In the user subroutine USERMAT provided by ANSYS, the Jacobian matrix is defined between Cauchy stress and logarithmic strain. Considering the relationship between logarithmic strain and Green strain, as well as the relation between normalized and non-normalized Green strains, we can finally write the Jacobian matrix as:

$$ \left[\begin{array}{cccc}\left(1+2{\overline{E}}_r\right)\frac{\partial {\sigma}_r}{\partial {\overline{E}}_r}+\kappa & \left(1+2{\overline{E}}_z\right)\frac{\partial {\sigma}_r}{\partial {\overline{E}}_z}+\kappa & \left(1+2{\overline{E}}_{\theta}\right)\frac{\partial {\sigma}_r}{\partial {\overline{E}}_{\theta }}+\kappa & 0\\ {}\left(1+2{\overline{E}}_r\right)\frac{\partial {\sigma}_z}{\partial {\overline{E}}_r}+\kappa & \left(1+2{\overline{E}}_z\right)\frac{\partial {\sigma}_z}{\partial {\overline{E}}_z}+\kappa & \left(1+2{\overline{E}}_{\theta}\right)\frac{\partial {\sigma}_z}{\partial {\overline{E}}_{\theta }}+\kappa & 0\\ {}\left(1+2{\overline{E}}_r\right)\frac{\partial {\sigma}_{\theta }}{\partial {\overline{E}}_r}+\kappa & \left(1+2{\overline{E}}_z\right)\frac{\partial {\sigma}_{\theta }}{\partial {\overline{E}}_z}+\kappa & \left(1+2{\overline{E}}_{\theta}\right)\frac{\partial {\sigma}_{\theta }}{\partial {\overline{E}}_{\theta }}+\kappa & 0\\ {}0& 0& 0& \frac{\partial {\sigma}_{rz}}{\partial {\overline{E}}_{rz}}\end{array}\right] $$

(8.33)

where \( \frac{\partial {\sigma}_{rz}}{\partial {\overline{E}}_{rz}}\approx \frac{\partial {\sigma}_{rz}}{\partial {\varepsilon}_{rz}}\approx \frac{\partial {\sigma}_{rz}}{\partial {E}_{rz}}\approx {c}_0{c}_7\sqrt{\left(1+2{E}_r\right)\left(1+2{E}_z\right)}{e}^Q \).

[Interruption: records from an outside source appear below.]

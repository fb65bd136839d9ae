-- ===== src/Graph/Constructors.antt =====
-- ayatori/src/graph_representation/constructors.rs: the functions that a protocol makes its nodes with,
-- each of which puts its node at a new address. `new_erased` of a function wraps what it returns into a
-- value; here it returns one.
pub mod Messages
pub mod Call
use ayatori.Prelude.{suc, String, List, [], ◌∷◌, Option, none, some}
use ayatori.Collections.Order.{string_ord}
use ayatori.Collections.BTreeSet.{BTreeSet}
use ayatori.Collections.BTreeMap.{BTreeMap, insert}
use ayatori.Entities.Tags.{
  FullName, new_name, ScalarTag, MappingTag, AnyTag, scalar, mapping, to_collected, CollectedTag,
}
use ayatori.Entities.Display.{display_or}
use ayatori.Entities.Errors.{
  Result, ok, err, ◌>>=◌, RuntimeError, UnattributableError, runtime, wrong_type,
}
use ayatori.Entities.Params.{SessionParameters}
use ayatori.Entities.Party.{PartyGroup}
use ayatori.Entities.Value.{Value, Args, get_value}
use ayatori.Entities.Function.{
  UnattributableScalarFunction, UnattributableScalarFunctionWithRng,
  ThirdPartyAttributableScalarFunction, UnattributableMappingFunction,
  UnattributableMappingFunctionWithRng, SenderAttributableMappingFunction,
  SenderAttributableWithRevealMappingFunction, ThirdPartyAttributableMappingFunction,
}
use ayatori.Entities.Function.Simple.{
  SimpleScalarFunction, SimpleMappingFunction, ThirdPartyAttributableVerificationFunction,
  SenderAttributableVerificationFunction,
}
use ayatori.Graph.AnyNode
use ayatori.Graph.AnyNode.{
  NodeId, AnyNode, ComputeScalarKind, ComputeMappingKind, with_reveal, NamedNodes, no_args, arg,
  Nodes, no_nodes, next, store_in,
}
use ayatori.Graph.AnyNode.Views.{scalar_tag, mapping_tag, sent_dm_tag}

unfoldable pub data_or_runtime : {A : Type 0} → Result RuntimeError A → Result UnattributableError A
data_or_runtime (ok value) = ok value
data_or_runtime (err e) = err (UnattributableError.runtime e)

-- The values of a function that returns one of two things, or both.
pub data OneOrBoth (P : SessionParameters) : Type 0 where
  left right : Value P → OneOrBoth P
  both : Value P → Value P → OneOrBoth P

module _ {P : SessionParameters} where
  unfoldable pub named_nodes : BTreeMap String (AnyNode P) → NamedNodes P
  named_nodes [] = no_args
  named_nodes ((name, node) ∷ m) = arg name node (named_nodes m)

  unfoldable pub insert_all :
      BTreeMap String (AnyNode P) → List (String × AnyNode P) → BTreeMap String (AnyNode P)
  insert_all m [] = m
  insert_all m ((name, node) ∷ source) = insert_all (insert m name node) source

  -- Of the arguments of one name the last is kept.
  unfoldable pub args_from : List (String × AnyNode P) → NamedNodes P
  args_from source = named_nodes (insert_all [] source)

  unfoldable pub new_scalar : NodeId → String → ComputeScalarKind P → NamedNodes P → AnyNode P
  new_scalar i name kind args = AnyNode.compute_scalar i (new_name name) kind args no_nodes

  unfoldable pub new_mapping : NodeId → String → ComputeMappingKind P → NamedNodes P → AnyNode P
  new_mapping i name kind args = AnyNode.compute_mapping i (new_name name) args kind no_nodes

  unfoldable pub constant : NodeId → String → Value P → AnyNode P
  constant i name value =
      new_scalar i name
        (ComputeScalarKind.simple (SimpleScalarFunction.unattributable (λ args. ok value))) no_args

  unfoldable pub scalar_alias : NodeId → String → AnyNode P → AnyNode P
  scalar_alias i name node =
      new_scalar i name
        (ComputeScalarKind.simple
          (SimpleScalarFunction.unattributable (λ args. data_or_runtime (get_value args "value"))))
        (arg "value" node no_args)

  unfoldable pub mapping_alias : NodeId → String → AnyNode P → AnyNode P
  mapping_alias i name node =
      new_mapping i name
        (ComputeMappingKind.simple (
          SimpleMappingFunction.unattributable
            (λ id args. data_or_runtime (get_value args "value"))))
        (arg "value" node no_args)

  unfoldable pub compute_scalar :
      NodeId → String → UnattributableScalarFunction P → NamedNodes P → AnyNode P
  compute_scalar i name function args =
      new_scalar i name (ComputeScalarKind.simple (SimpleScalarFunction.unattributable function))
        args

  unfoldable pub compute_scalar_with_rng :
      NodeId → String → UnattributableScalarFunctionWithRng P → NamedNodes P → AnyNode P
  compute_scalar_with_rng i name function args =
      new_scalar i name
        (ComputeScalarKind.simple (SimpleScalarFunction.unattributable_with_rng function)) args

  unfoldable pub compute_scalar_third_party_attributable :
      NodeId
      → String
      → ThirdPartyAttributableScalarFunction P
      → NamedNodes P
      → ThirdPartyAttributableVerificationFunction P
      → AnyNode P
  compute_scalar_third_party_attributable i name function args verification =
      new_scalar i name (ComputeScalarKind.third_party_attributable function verification) args

  -- The closures of the two branches.
  unfoldable pub left_of : OneOrBoth P → Option (Value P)
  left_of (left l) = some l
  left_of (right r) = none
  left_of (both l r) = some l

  unfoldable pub right_of : OneOrBoth P → Option (Value P)
  right_of (left l) = none
  right_of (right r) = some r
  right_of (both l r) = some r

  -- `one_or_both` is the downcast to the type that the forked function returns.
  unfoldable pub fork_branch :
      (Value P → Result RuntimeError (OneOrBoth P))
      → (OneOrBoth P → Option (Value P))
      → NodeId
      → String
      → AnyNode P
      → AnyNode P
  fork_branch one_or_both branch i name fork =
      new_scalar i name
        (ComputeScalarKind.simple (
          SimpleScalarFunction.unattributable_optional
            (λ args. get_value args "fork" >>= λ v. one_or_both v >>= λ w. ok (branch w))))
        (arg "fork" fork no_args)

  unfoldable pub forked :
      (Value P → Result RuntimeError (OneOrBoth P))
      → NodeId
      → String
      → String
      → AnyNode P
      → AnyNode P × AnyNode P
  forked one_or_both i lname rname fork = (
    fork_branch one_or_both left_of (suc i) lname fork,
    fork_branch one_or_both right_of (suc (suc i)) rname fork,
  )

  unfoldable pub compute_forked_scalar :
      (Value P → Result RuntimeError (OneOrBoth P))
      → NodeId
      → String
      → String
      → String
      → UnattributableScalarFunction P
      → NamedNodes P
      → AnyNode P × AnyNode P
  compute_forked_scalar one_or_both i fork_name lname rname function args =
      forked one_or_both i lname rname (compute_scalar i fork_name function args)

  unfoldable pub compute_forked_scalar_with_rng :
      (Value P → Result RuntimeError (OneOrBoth P))
      → NodeId
      → String
      → String
      → String
      → UnattributableScalarFunctionWithRng P
      → NamedNodes P
      → AnyNode P × AnyNode P
  compute_forked_scalar_with_rng one_or_both i fork_name lname rname function args =
      forked one_or_both i lname rname (compute_scalar_with_rng i fork_name function args)

  unfoldable pub compute_mapping :
      NodeId → String → UnattributableMappingFunction P → NamedNodes P → AnyNode P
  compute_mapping i name function args =
      new_mapping i name (ComputeMappingKind.simple (SimpleMappingFunction.unattributable function))
        args

  unfoldable pub compute_mapping_sender_fallible :
      NodeId → String → SenderAttributableMappingFunction P → NamedNodes P → AnyNode P
  compute_mapping_sender_fallible i name function args =
      new_mapping i name
        (ComputeMappingKind.simple (SimpleMappingFunction.sender_attributable function)) args

  unfoldable pub compute_mapping_with_rng :
      NodeId → String → UnattributableMappingFunctionWithRng P → NamedNodes P → AnyNode P
  compute_mapping_with_rng i name function args =
      new_mapping i name
        (ComputeMappingKind.simple (SimpleMappingFunction.unattributable_with_rng function)) args

  unfoldable pub compute_mapping_third_party_fallible :
      NodeId
      → String
      → ThirdPartyAttributableMappingFunction P
      → NamedNodes P
      → ThirdPartyAttributableVerificationFunction P
      → AnyNode P
  compute_mapping_third_party_fallible i name function args verification =
      new_mapping i name (ComputeMappingKind.third_party_attributable function verification) args

  unfoldable pub compute_mapping_sender_fallible_with_reveal :
      NodeId
      → String
      → SenderAttributableWithRevealMappingFunction P
      → NamedNodes P
      → SenderAttributableVerificationFunction P
      → NamedNodes P
      → AnyNode P
  compute_mapping_sender_fallible_with_reveal i name function args verification verification_args =
      new_mapping i name (with_reveal function verification verification_args) args

  unfoldable pub collected_into :
      Option String → NodeId → AnyNode P → PartyGroup P.Verifier → Result RuntimeError (AnyNode P)
  collected_into disambiguator i values group = mapping_tag values >>= λ tag.
      ok (AnyNode.collect i (to_collected tag disambiguator) values group no_nodes)

  -- A mapping node is collected; there is an error only where the argument is outside its type.
  unfoldable pub collect :
      NodeId → AnyNode P → PartyGroup P.Verifier → Result RuntimeError (AnyNode P)
  collect i values group = collected_into none i values group

  unfoldable pub collect_into :
      NodeId → String → AnyNode P → PartyGroup P.Verifier → Result RuntimeError (AnyNode P)
  collect_into i disambiguator values group = collected_into (some disambiguator) i values group

  unfoldable pub send_all :
      NodeId → AnyNode P → BTreeSet P.Verifier → Result RuntimeError (AnyNode P)
  send_all i values destinations =
      sent_dm_tag values >>= λ tag. ok (AnyNode.send_all i tag values destinations)

  unfoldable pub merge_scalars : NodeId → AnyNode P → AnyNode P → Result RuntimeError (AnyNode P)
  merge_scalars i l r = scalar_tag l >>= λ left_tag. scalar_tag r >>= λ right_tag.
      ok (AnyNode.merge_scalars i (new_name (display_or left_tag right_tag)) l r)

The shear strain is verified to be small. Hence, the above formulation is not applicable to problems involving large rotation or shear deformation.

In the user subroutine USERMAT, ANSYS provides the current logarithmic strains. The strains are used to calculate the stresses and the Jacobian matrix and are passed back to ANSYS for computation of new strains. The USERMAT is compiled and linked with ANSYS using a batch command provided in the ANSYS package to create a new executable. In the input file, the material model for the vessel wall is defined as a user material (to call user subroutine USERMAT).